The sporting goods market situation continues to be pretty bad in Portugal. Sport Zone, the country’s biggest sporting goods retail chain, is trying to fight back. It is also going ahead with the opening of new stores at home and abroad, but this program is being hampered by another serious problem: the international real estate crisis.

Sport Zone belongs to the huge Sonae Group, which operates other types of stores and several shopping centers around Europe. Paulo Azevedo, Sonae’s chief executive, has defined internationalization as a priority for the group, aiming for operations abroad to represent 25 percent of the group’s total specialty retail sales and 35 percent of the total assets by 2012.

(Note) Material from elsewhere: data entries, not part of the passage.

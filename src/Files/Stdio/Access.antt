-- ===== src/Files/Stdio/Access.antt =====
-- Reading what was written: bytes of a stream under a write at the same place and elsewhere.
use blitzy_open_cobol.Base.{
  ℕ, zero, suc, ◌+◌, ◌-◌, ◌≤◌, ◌<◌, ◌≡◌, refl, ap, ◌⊎◌, List, [], ◌∷◌, length, get_or, arith,
}
use blitzy_open_cobol.Files.Stdio.{Stream, bytes_at, write_at}

pub length-bytes_at : (byte : ℕ → ℕ) (i n : ℕ) → length (bytes_at byte i n) ≡ n
unfolding bytes_at
length-bytes_at byte i zero = refl
length-bytes_at byte i (suc n) = ap suc (length-bytes_at byte (suc i) n)

-- Two contents that agree on a range have the same bytes there.
pub bytes_at-same :
    (b c : ℕ → ℕ) (i n : ℕ)
    → ((j : ℕ) → i ≤ j → j < i + n → b j ≡ c j)
    → bytes_at b i n ≡ bytes_at c i n
unfolding bytes_at
bytes_at-same b c i zero same = refl
bytes_at-same b c i (suc n) same =
    let here : b i ≡ c i = same i (omega arith) (omega arith) in
    let rest : bytes_at b (suc i) n ≡ bytes_at c (suc i) n =
      bytes_at-same b c (suc i) n (λ j above below. same j (omega arith) (omega arith)) in
    cc

-- A content that holds a list from `i` on reads as that list.
pub bytes_at-list :
    (b : ℕ → ℕ) (i : ℕ) (bytes : List ℕ)
    → ((k : ℕ) → k < length bytes → b (i + k) ≡ get_or bytes k 0)
    → bytes_at b i (length bytes) ≡ bytes
unfolding bytes_at
bytes_at-list b i [] holds = refl
bytes_at-list b i (x ∷ bytes) holds =
    let at : i + 0 ≡ i = omega arith in
    let here : b (i + 0) ≡ x = holds 0 (omega arith) in
    let rest : bytes_at b (suc i) (length bytes) ≡ bytes = bytes_at-list b (suc i) bytes (λ k below.
      let shifted : i + suc k ≡ suc i + k = omega arith in
      rw shifted at (holds (suc k) (omega arith))) in
    let first : b i ≡ x = rw at at here in cc

pub bytes_at-write_at :
    (s : Stream) (i : ℕ) (bytes : List ℕ) → bytes_at (write_at s i bytes) i (length bytes) ≡ bytes
bytes_at-write_at s i bytes = bytes_at-list (write_at s i bytes) i bytes (inside s i bytes)
  where
    inside :
        (s : Stream) (i : ℕ) (bytes : List ℕ) (k : ℕ)
        → k < length bytes
        → write_at s i bytes (i + k) ≡ get_or bytes k 0
    inside s i bytes k below =
        let back : i + k - i ≡ k = omega arith in
        unfold write_at in ground (arith, ap (λ (t : ℕ). get_or bytes t 0) back)

-- Elsewhere in the file the bytes stay.
pub bytes_at-write_elsewhere :
    (s : Stream) (i : ℕ) (bytes : List ℕ) (j n : ℕ)
    → ((j + n ≤ i) ⊎ (i + length bytes ≤ j))
    → j + n ≤ s.size
    → bytes_at (write_at s i bytes) j n ≡ bytes_at s.byte j n
bytes_at-write_elsewhere s i bytes j n apart inside =
    bytes_at-same _ _ j n (λ k above below. outside k above below)
  where
    outside : (k : ℕ) → j ≤ k → k < j + n → write_at s i bytes k ≡ s.byte k
    outside k above below = unfold write_at in ground arith
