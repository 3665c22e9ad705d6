-- ===== src/Files/Relative/Slots.antt =====
-- The slots of a RELATIVE file: what its bytes say of each record number, and how the transfers of
-- one slot change that.
use blitzy_open_cobol.Base.{
  ℕ, zero, suc, ◌+◌, ◌-◌, ◌*◌, ◌≤◌, ◌<◌, ◌≡◌, ◌≢◌, refl, sym, ap, ◌⊎◌, inl, inr, true, false, List,
  length, get_or, ltb, if◌then◌else◌, arith,
}
use blitzy_open_cobol.Files.Stdio.{Stream, bytes_at, write_at, fwrite}
use native.Mathlib.Decide.{dec_lt}
use blitzy_open_cobol.Files.Stdio.Access.{bytes_at-same, bytes_at-list}
use blitzy_open_cobol.Files.Stdio.Words.{le_value, word_size}

-- A stream that reads and writes anywhere.
pub record IsUpdatable (s : Stream) : Type 0 where
  pub may_read : s.readable ≡ true
  pub may_write : s.writable ≡ true
  pub in_place : s.append ≡ false
  pub in_order : s.broken ≡ false

-- A stream that reads, whether or not it writes.
pub record IsReadable (s : Stream) : Type 0 where
  pub may_read : s.readable ≡ true
  pub in_order : s.broken ≡ false

-- The byte at a place, zero behind the end.
unfoldable pub content : Stream → ℕ → ℕ
content s k = if ltb k s.size then s.byte k else 0

-- Where slot `i` stands in a file of slots of `m + 8` bytes.
abbrev pub slot_at : ℕ → ℕ → ℕ
slot_at m i = i * (m + word_size)

-- The size of the record in slot `i`, 0 where there is none, and its bytes.
unfoldable pub slot_header : ℕ → Stream → ℕ → ℕ
slot_header m s i = le_value (bytes_at (content s) (slot_at m i) word_size)

unfoldable pub slot_bytes : ℕ → Stream → ℕ → List ℕ
slot_bytes m s i = bytes_at (content s) (slot_at m i + word_size) m

-- The file consists of whole slots.
abbrev pub IsSlotted : ℕ → Stream → Type 0
IsSlotted m s = (count : ℕ) × (s.size ≡ slot_at m count)

-- A stream that reads, on a file of whole slots.
pub record IsSlotFile (m : ℕ) (s : Stream) : Type 0 where
  pub readable : IsReadable s
  pub slotted : IsSlotted m s

zero_bytes : (b : ℕ → ℕ) (i n : ℕ) → ((j : ℕ) → i ≤ j → b j ≡ 0) → le_value (bytes_at b i n) ≡ 0
unfolding le_value bytes_at
zero_bytes b i zero all_zero = refl
zero_bytes b i (suc n) all_zero =
    let here : b i ≡ 0 = all_zero i (omega arith) in
    omega (arith, zero_bytes b (suc i) n (λ j above. all_zero j (omega arith)))

content-beyond : (s : Stream) (k : ℕ) → s.size ≤ k → content s k ≡ 0
unfolding content
content-beyond s k h = ground arith

content-inside : (s : Stream) (k : ℕ) → k < s.size → content s k ≡ s.byte k
unfolding content
content-inside s k h = ground arith

pub slot_header-beyond : (m : ℕ) (s : Stream) (i : ℕ) → s.size ≤ slot_at m i → slot_header m s i ≡ 0
unfolding slot_header
slot_header-beyond m s i h =
    zero_bytes (content s) (slot_at m i) word_size (λ j above. content-beyond s j (omega arith))

-- A range inside the file reads as its content.
pub bytes_at-content :
    (s : Stream) (i n : ℕ) → i + n ≤ s.size → bytes_at s.byte i n ≡ bytes_at (content s) i n
bytes_at-content s i n inside =
    bytes_at-same _ _ i n (λ j above below. sym (content-inside s j (omega arith)))

-- The content with bytes put at a place.
pub record IsWritten (s t : Stream) (i : ℕ) (bytes : List ℕ) : Type 0 where
  pub put : (k : ℕ) → k < length bytes → content t (i + k) ≡ get_or bytes k 0
  pub kept : (k : ℕ) → ((k < i) ⊎ (i + length bytes ≤ k)) → content t k ≡ content s k

pub fwrite-IsWritten :
    (s : Stream) (bytes : List ℕ)
    → IsUpdatable s
    → 0 < length bytes
    → IsWritten s (fwrite bytes s).1 s.position bytes
unfolding fwrite content write_at
fwrite-IsWritten s bytes u long = record {
  put = λ k below.
      let back : s.position + k - s.position ≡ k = omega arith in
      ground (arith, ap (λ (t : ℕ). get_or bytes t 0) back);
  kept = λ k apart. ground arith;
}

-- Bytes that were put are read, and those elsewhere are as before.
pub read-put :
    (s t : Stream) (i : ℕ) (bytes : List ℕ)
    → IsWritten s t i bytes
    → bytes_at (content t) i (length bytes) ≡ bytes
read-put s t i bytes w = bytes_at-list (content t) i bytes w.put

pub read-kept :
    (s t : Stream) (i : ℕ) (bytes : List ℕ) (j n : ℕ)
    → IsWritten s t i bytes
    → ((j + n ≤ i) ⊎ (i + length bytes ≤ j))
    → bytes_at (content t) j n ≡ bytes_at (content s) j n
read-kept s t i bytes j n w (inl before) =
    bytes_at-same _ _ j n (λ k above below. w.kept k (inl (omega arith)))
read-kept s t i bytes j n w (inr behind) =
    bytes_at-same _ _ j n (λ k above below. w.kept k (inr (omega arith)))

-- Two slots lie apart.
pub slots_apart :
    (m i j : ℕ)
    → i ≢ j
    → (slot_at m j + (m + word_size) ≤ slot_at m i) ⊎ (slot_at m i + (m + word_size) ≤ slot_at m j)
slots_apart m i j differ = elim (dec_lt j i) [
  | yes below ↦ inl (grind arith)
  | no above ↦
      let over : i < j = elim (dec_lt i j) [ yes p ↦ p | no p ↦ absurd (differ (omega arith)) ] in
      inr (grind arith)
]
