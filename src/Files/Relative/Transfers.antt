-- ===== src/Files/Relative/Transfers.antt =====
-- What the functions of one slot do to the slots: seeking and reading a size, writing a slot,
-- marking it as free, reading it.
use blitzy_open_cobol.Base.{
  ℕ, suc, ◌+◌, ◌≤◌, ◌<◌, ◌≡◌, refl, true, none, some, List, length, max, arith,
}
use blitzy_open_cobol.Base.Int.{pos, ◌-ℤ◌, mul_pos_parts, eq_of_parts, int_laws}
use blitzy_open_cobol.Files.{CobFile}
use blitzy_open_cobol.Files.Stdio.{Stream, bytes_at, fread, fwrite}
use blitzy_open_cobol.Files.Stdio.Words.{word_size}
use blitzy_open_cobol.Files.Relative.{slot_size, slot_offset, fread_size}
use blitzy_open_cobol.Files.Relative.Slots.{
  IsUpdatable, IsReadable, content, slot_at, slot_header, IsWritten, fwrite-IsWritten,
  bytes_at-content,
}

pub key_offset :
    (f : CobFile) (i : ℕ) → slot_offset f (pos (suc i) -ℤ pos 1) ≡ pos (slot_at f.record_max i)
key_offset f i =
    let first : pos (suc i) -ℤ pos 1 ≡ pos i = omega int_laws in
    rw first (eq_of_parts _ _ (omega (arith, mul_pos_parts (pos i) (slot_size f))))

-- The stream at another place.
abbrev pub moved : Stream → ℕ → Stream
moved s i = record s { position = i }

pub fread-inside :
    (n : ℕ) (s : Stream)
    → IsReadable s
    → 0 < n
    → s.position + n ≤ s.size
    → fread n s ≡ (some (bytes_at (content s) s.position n), moved s (s.position + n))
unfolding fread
fread-inside n s u long inside =
    ground (arith, u.may_read, u.in_order, bytes_at-content s s.position n inside)

fread-beyond :
    (n : ℕ) (s : Stream)
    → IsReadable s
    → s.size < s.position + n
    → fread n s ≡ (none, moved s (max s.position s.size))
unfolding fread
fread-beyond n s u outside = ground (arith, u.may_read, u.in_order)

pub fread_size-inside :
    (m : ℕ) (s : Stream) (i : ℕ)
    → IsReadable s
    → s.position ≡ slot_at m i
    → slot_at m i + word_size ≤ s.size
    → fread_size s ≡ (some (slot_header m s i), moved s (slot_at m i + word_size))
unfolding fread_size slot_header
fread_size-inside m s i u at inside =
    rw (fread-inside word_size s u (omega arith) (omega arith), at) refl

pub fread_size-beyond :
    (m : ℕ) (s : Stream) (i : ℕ)
    → IsReadable s
    → s.position ≡ slot_at m i
    → s.size ≤ slot_at m i
    → fread_size s ≡ (none, moved s (slot_at m i))
unfolding fread_size
fread_size-beyond m s i u at outside =
    let high : max s.position s.size ≡ slot_at m i = omega arith in
    rw (fread-beyond word_size s u (omega arith), high) refl

-- What a successful fwrite leaves.
pub record IsStored (s t : Stream) (bytes : List ℕ) : Type 0 where
  pub updatable : IsUpdatable t
  pub position : t.position ≡ s.position + length bytes
  pub size : t.size ≡ max s.size (s.position + length bytes)
  pub written : IsWritten s t s.position bytes

pub fwrite-IsStored :
    (s : Stream) (bytes : List ℕ)
    → IsUpdatable s
    → 0 < length bytes
    → ((fwrite bytes s).0 ≡ true) × IsStored s (fwrite bytes s).1 bytes
fwrite-IsStored s bytes u long = (
  unfold fwrite in ground (arith, u.may_write, u.in_order),
  record {
    updatable = unfold fwrite in ground (arith, u.may_read, u.may_write, u.in_order, u.in_place);
    position = unfold fwrite in ground (arith, u.may_write, u.in_order, u.in_place);
    size = unfold fwrite in ground (arith, u.may_write, u.in_order, u.in_place);
    written = fwrite-IsWritten s bytes u long;
  },
)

Sport Zone, which has already reached a dominant position on the Portuguese market, is one of the main banners designed for this strategy. Sport Zone was considering entering the Turkish market, opening its first store in Istanbul last May in a new mega mall, but the financial crisis has placed that real estate project on hold.

While the development of new shopping centers is getting the brake more in emerging markets, where the financial situation is more serious, several new projects have also been delayed or canceled in Iberia. Thus, officials of Sport Zone are no longer certain whether it will be able to open six more stores in Portugal and six more in Spain as previously planned. For the balance of the year, most of its investments will go into the remodeling of existing units.

For the moment, Sport Zone operates 70 stores in Portugal, four more than at the end of 2008, and 10 in Spain. All the Spanish stores have been opened in the last months and their performance so far has not been the same in every region. For instance in Corunna, where the client is similar to the Portuguese, the business is doing well, while in Madrid the consumer is very different from what Sport Zone is used to and it was necessary to make some adjustments.

Other than that, company officials say they have been suffering from an ongoing recession in the Portuguese sporting goods market, with some important brands recording sales declines of up to 40 percent in their own stores, especially in the medium price range. Many other retailers have closed their shops.

Sport Zone has continued to grow, but not at a double-digit rate as before, and the margins are lower. The chain has been reacting to the consumer recession by giving a further boost to its own private-label programs in terms of product ranges and marketing. This strategy has been applied to some of the other banners operated by Sonae in other sectors, and it seems to be working.

Sonae’s results for the first half of this year show a 7 percent increase in the group’s total turnover. Operating income before amortization and depreciation (Ebitda) rose by 16 percent to €272 million for the group, with 12 percent growth for continuing operations. Net profit went up to €29 million.

While its revenues from shopping centers declined by 4.2 percent to €79 million, or by 1 percent on a comparable basis, the group’s food retail stores saw their sales rise by 7.0 percent. The specialty retail segment, to which Sport Zone belongs, had the best performance, recording growth of 24.7 percent to €473 million, but its Ebitda fell by 83.4 percent to €2 million. On a comparable store basis its sales were down by 3 percent for the six-month period, however, but up by 2 percent in the second quarter.

Besides Sport Zone, Sonae’s specialty retail business includes banners such as Worten (electronics and household appliances), Loop (shoes), Modalfa and Zippy (apparel). Together, these operations had a total turnover of €316 million in 2008, and Sport Zone was the biggest contributor with a turnover of €204 million, or 64.5 percent of the total specialty retail segment. Sport Zone, Worten and Zippy all have some stores abroad, and they represented more than 10 percent of the segment’s turnover in the first half of 2009.

The Portuguese island of Tavira will be the venue next Sept. 24-27 for a new event, the Sport Zone Experience, where consumers will be able to participate in 40 different sports over a surface of 100,000 square meters.